PROVIDED DATA —
═══
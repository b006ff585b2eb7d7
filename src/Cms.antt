-- ===== src/Cms.antt =====
-- cms.py: the Count-Min sketch of packets for each source address, with lazily reset cells.
pub mod Cells
pub mod Stream
pub mod Windows
use fpga_pi_parallel_nids.Prelude.{
  ℕ, zero, suc, ◌+◌, ◌-◌, ◌*◌, ◌/◌, ◌^◌, min, bit_and, List, [], ◌∷◌, ◌==◌, if◌then◌else◌, get_or,
  set, replicate,
}

abbrev pub mask32 : ℕ
mask32 = 0xFFFFFFFF

abbrev pub cms_a : List ℕ
cms_a = 0x9E3779B1 ∷ 0x85EBCA77 ∷ 0xC2B2AE3D ∷ 0x27D4EB2F ∷ 0x165667B1 ∷ []

abbrev pub cms_cols : ℕ
cms_cols = 4096

abbrev pub cms_rows : ℕ
cms_rows = 5

abbrev pub cms_cw : ℕ
cms_cw = 14

abbrev pub cms_max : ℕ
cms_max = 1 * 2 ^ cms_cw - 1

-- The pair (epoch, count).
pub record Cell : Type 0 where
  pub epoch : ℕ
  pub count : ℕ

abbrev pub blank : Cell
blank = record { epoch = 0; count = 0 }

pub record CountMin : Type 0 where
  pub epoch : ℕ
  pub cell : List (List Cell)

unfoldable pub init : CountMin
init = record { epoch = 0; cell = replicate cms_rows (replicate cms_cols blank) }

unfoldable pub column : ℕ → ℕ → ℕ
column ip j = bit_and (ip * get_or cms_a j 0) mask32 / 2 ^ 20

abbrev pub cell_at : CountMin → ℕ → ℕ → Cell
cell_at cm j c = get_or (get_or cm.cell j []) c blank

-- Row and column are in range at every call: `j` is below 5 and `c` a hash (`column-lt`).
unfoldable pub count : CountMin → ℕ → ℕ → ℕ
count cm j c = if (cell_at cm j c).epoch == cm.epoch then (cell_at cm j c).count else 0

-- The body of the loop of `update`, on row `j`.
unfoldable pub update_row : CountMin → ℕ → ℕ → CountMin
update_row cm ip j =
    let c = column ip j in
    let v = count cm j c in
    record cm {
      cell =
          set cm.cell j (
            set (get_or cm.cell j []) c (record { epoch = cm.epoch; count = min (v + 1) cms_max }));
    }

-- The loop over the rows `j` to `j + n - 1`.
unfoldable pub update_rows : CountMin → ℕ → ℕ → ℕ → CountMin
update_rows cm ip zero j = cm
update_rows cm ip (suc n) j = update_rows (update_row cm ip j) ip n (j + 1)

unfoldable pub update : CountMin → ℕ → CountMin
update cm ip = update_rows cm ip cms_rows 0

-- The least count of the rows `j` to `j + n`.
unfoldable pub min_count : CountMin → ℕ → ℕ → ℕ → ℕ
min_count cm ip zero j = count cm j (column ip j)
min_count cm ip (suc n) j = min (count cm j (column ip j)) (min_count cm ip n (j + 1))

unfoldable pub point_query : CountMin → ℕ → ℕ
point_query cm ip = min_count cm ip (cms_rows - 1) 0

unfoldable pub window_tick : CountMin → CountMin
window_tick cm = record cm { epoch = bit_and (cm.epoch + 1) 0xF }
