-- ===== src/Cms/Cells.antt =====
-- cms.py: what one `update` does to the counts of all cells.
use fpga_pi_parallel_nids.Prelude.{
  ℕ, zero, suc, ◌+◌, ◌*◌, ◌≤◌, ◌<◌, min, ◌≡◌, refl, ◌∙◌, ◌&&◌, [], arith, ltb, leb, ◌==◌,
  if◌then◌else◌, length, get_or, set, length-set, get_or-set, length-replicate, get_or-replicate,
  replicate, get_or-replicate_lt,
}
use fpga_pi_parallel_nids.Prelude.Bits.{bit_and_mask}
use fpga_pi_parallel_nids.Cms.{
  CountMin, blank, cell_at, column, count, init, update_row, update_rows, update, cms_max, cms_a,
}

-- Five rows of 4096 cells, an epoch of four bits, and no count above the maximum.
pub record IsValid (cm : CountMin) : Type 0 where
  pub rows : length cm.cell ≡ 5
  pub cols : (j : ℕ) → j < 5 → length (get_or cm.cell j []) ≡ 4096
  pub bounded : (j c : ℕ) → (cell_at cm j c).count ≤ cms_max

pub column-lt : (ip j : ℕ) → column ip j < 4096
unfolding column
column-lt ip j = omega (arith, bit_and_mask 32 (ip * get_or cms_a j 0))

blank_cells : (n m j c : ℕ) → get_or (get_or (replicate n (replicate m blank)) j []) c blank ≡ blank
blank_cells zero m j c = refl
blank_cells (suc n) m zero c = get_or-replicate m c blank
blank_cells (suc n) m (suc j) c = blank_cells n m j c

cell_at-init : (j c : ℕ) → cell_at init j c ≡ blank
unfolding init
cell_at-init j c = blank_cells 5 4096 j c

pub init-IsValid : IsValid init
init-IsValid = record {
  rows = unfold init in refl;
  cols = λ j h. rw (row j h) (length-replicate 4096 blank);
  bounded = λ j c. rw cell_at-init (omega arith);
}
  where
    row : (j : ℕ) → j < 5 → get_or init.cell j [] ≡ replicate 4096 blank
    row j h = unfold init in get_or-replicate_lt 5 j (replicate 4096 blank) [] h

pub count-init : (j c : ℕ) → count init j c ≡ 0
unfolding count
count-init j c = ground (arith, cell_at-init j c)

pub count-le : (cm : CountMin) (j c : ℕ) → IsValid cm → count cm j c ≤ cms_max
unfolding count
count-le cm j c v = ground (arith, v.bounded j c)

count_lem :
    (cm : CountMin) (j c : ℕ)
    → count cm j c ≡ (if (cell_at cm j c).epoch == cm.epoch then (cell_at cm j c).count else 0)
unfolding count
count_lem cm j c = refl

update_row-row :
    (cm : CountMin) (ip j i : ℕ)
    → IsValid cm
    → j < 5
    → get_or (update_row cm ip j).cell i [] ≡ (
        if j == i
        then set
            (get_or cm.cell j [])
            (column ip j)
            (record { epoch = cm.epoch; count = min (count cm j (column ip j) + 1) cms_max })
        else get_or cm.cell i [])
unfolding update_row
update_row-row cm ip j i v h = get_or-set cm.cell j i _ [] (omega (arith, v.rows))

cell_at-update_row :
    (cm : CountMin) (ip j i c : ℕ)
    → IsValid cm
    → j < 5
    → cell_at (update_row cm ip j) i c ≡ (
        if j == i && column ip j == c
        then record { epoch = cm.epoch; count = min (count cm i c + 1) cms_max }
        else cell_at cm i c)
cell_at-update_row cm ip j i c v h = ground (
  arith,
  update_row-row cm ip j i v h,
  get_or-set (get_or cm.cell j []) (column ip j) c
      (record { epoch = cm.epoch; count = min (count cm j (column ip j) + 1) cms_max }) blank,
  v.cols j h,
  column-lt ip j,
)

epoch-update_row : (cm : CountMin) (ip j : ℕ) → (update_row cm ip j).epoch ≡ cm.epoch
unfolding update_row
epoch-update_row cm ip j = refl

count-update_row :
    (cm : CountMin) (ip j i c : ℕ)
    → IsValid cm
    → j < 5
    → count (update_row cm ip j) i c
      ≡ (if j == i && column ip j == c then min (count cm i c + 1) cms_max else count cm i c)
count-update_row cm ip j i c v h = ground (
  arith,
  cell_at-update_row cm ip j i c v h,
  epoch-update_row cm ip j,
  count_lem (update_row cm ip j) i c,
  count_lem cm i c,
)

update_row-IsValid : (cm : CountMin) (ip j : ℕ) → IsValid cm → j < 5 → IsValid (update_row cm ip j)
update_row-IsValid cm ip j v h = record {
  rows = unfold update_row in length-set cm.cell j _ ∙ v.rows;
  cols = λ i hi. ground (
    arith,
    update_row-row cm ip j i v h,
    v.cols i hi,
    length-set (get_or cm.cell j []) (column ip j)
        (record { epoch = cm.epoch; count = min (count cm j (column ip j) + 1) cms_max }),
  );
  bounded = λ i c. ground (arith, cell_at-update_row cm ip j i c v h, v.bounded i c);
}

count-update_rows :
    (cm : CountMin) (ip n start i c : ℕ)
    → IsValid cm
    → start + n ≤ 5
    → count (update_rows cm ip n start) i c ≡ (
        if leb start i && (ltb i (start + n) && column ip i == c)
        then min (count cm i c + 1) cms_max
        else count cm i c)
unfolding update_rows
count-update_rows cm ip zero start i c v h = ground arith
count-update_rows cm ip (suc n) start i c v h = ground (
  arith,
  count-update_row cm ip start i c v,
  count-update_rows (update_row cm ip start) ip n (start + 1) i c
      (update_row-IsValid cm ip start v (omega arith)),
)

update_rows-IsValid :
    (cm : CountMin) (ip n start : ℕ)
    → IsValid cm
    → start + n ≤ 5
    → IsValid (update_rows cm ip n start)
unfolding update_rows
update_rows-IsValid cm ip zero start v h = v
update_rows-IsValid cm ip (suc n) start v h =
    update_rows-IsValid (update_row cm ip start) ip n (start + 1)
      (update_row-IsValid cm ip start v (omega arith)) (omega arith)

epoch-update_rows : (cm : CountMin) (ip n start : ℕ) → (update_rows cm ip n start).epoch ≡ cm.epoch
unfolding update_rows
epoch-update_rows cm ip zero start = refl
epoch-update_rows cm ip (suc n) start =
    epoch-update_rows (update_row cm ip start) ip n (start + 1) ∙ epoch-update_row cm ip start

pub update-IsValid : (cm : CountMin) (ip : ℕ) → IsValid cm → IsValid (update cm ip)
unfolding update
update-IsValid cm ip v = update_rows-IsValid cm ip 5 0 v (omega arith)

pub epoch-update : (cm : CountMin) (ip : ℕ) → (update cm ip).epoch ≡ cm.epoch
unfolding update
epoch-update cm ip = epoch-update_rows cm ip 5 0

-- An update adds one, up to the maximum, to the address's column of each row, and leaves the
-- count of every other cell.
pub count-update :
    (cm : CountMin) (ip j c : ℕ)
    → IsValid cm
    → j < 5
    → count (update cm ip) j c
      ≡ (if column ip j == c then min (count cm j c + 1) cms_max else count cm j c)
unfolding update
count-update cm ip j c v h = ground (arith, count-update_rows cm ip 5 0 j c v)

-- No cell carries an epoch later than the sketch's: so it is until the epoch first wraps.
abbrev pub IsUnwrapped : CountMin → Type 0
IsUnwrapped cm = (j c : ℕ) → (cell_at cm j c).epoch ≤ cm.epoch

pub init-IsUnwrapped : IsUnwrapped init
init-IsUnwrapped j c = rw cell_at-init (omega arith)

update_rows-IsUnwrapped :
    (cm : CountMin) (ip n start : ℕ)
    → IsValid cm
    → start + n ≤ 5
    → IsUnwrapped cm
    → IsUnwrapped (update_rows cm ip n start)
unfolding update_rows
update_rows-IsUnwrapped cm ip zero start v h u = u
update_rows-IsUnwrapped cm ip (suc n) start v h u =
    update_rows-IsUnwrapped (update_row cm ip start) ip n (start + 1)
      (update_row-IsValid cm ip start v (omega arith)) (omega arith)
      (λ j c.
        ground (arith, cell_at-update_row cm ip start j c v, epoch-update_row cm ip start, u j c))

pub update-IsUnwrapped :
    (cm : CountMin) (ip : ℕ) → IsValid cm → IsUnwrapped cm → IsUnwrapped (update cm ip)
unfolding update
update-IsUnwrapped cm ip v u = update_rows-IsUnwrapped cm ip 5 0 v (omega arith) u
═══
TASK OBJECTIVE —
Taking the line with "row : (j : ℕ)" as the first and the line with "(cm : CountMin) (ip j i : ℕ)" as the last, retype that stretch of the data above exactly, with no other lines.

REPLY —
    row : (j : ℕ) → j < 5 → get_or init.cell j [] ≡ replicate 4096 blank
    row j h = unfold init in get_or-replicate_lt 5 j (replicate 4096 blank) [] h

pub count-init : (j c : ℕ) → count init j c ≡ 0
unfolding count
count-init j c = ground (arith, cell_at-init j c)

pub count-le : (cm : CountMin) (j c : ℕ) → IsValid cm → count cm j c ≤ cms_max
unfolding count
count-le cm j c v = ground (arith, v.bounded j c)

count_lem :
    (cm : CountMin) (j c : ℕ)
    → count cm j c ≡ (if (cell_at cm j c).epoch == cm.epoch then (cell_at cm j c).count else 0)
unfolding count
count_lem cm j c = refl

update_row-row :
    (cm : CountMin) (ip j i : ℕ)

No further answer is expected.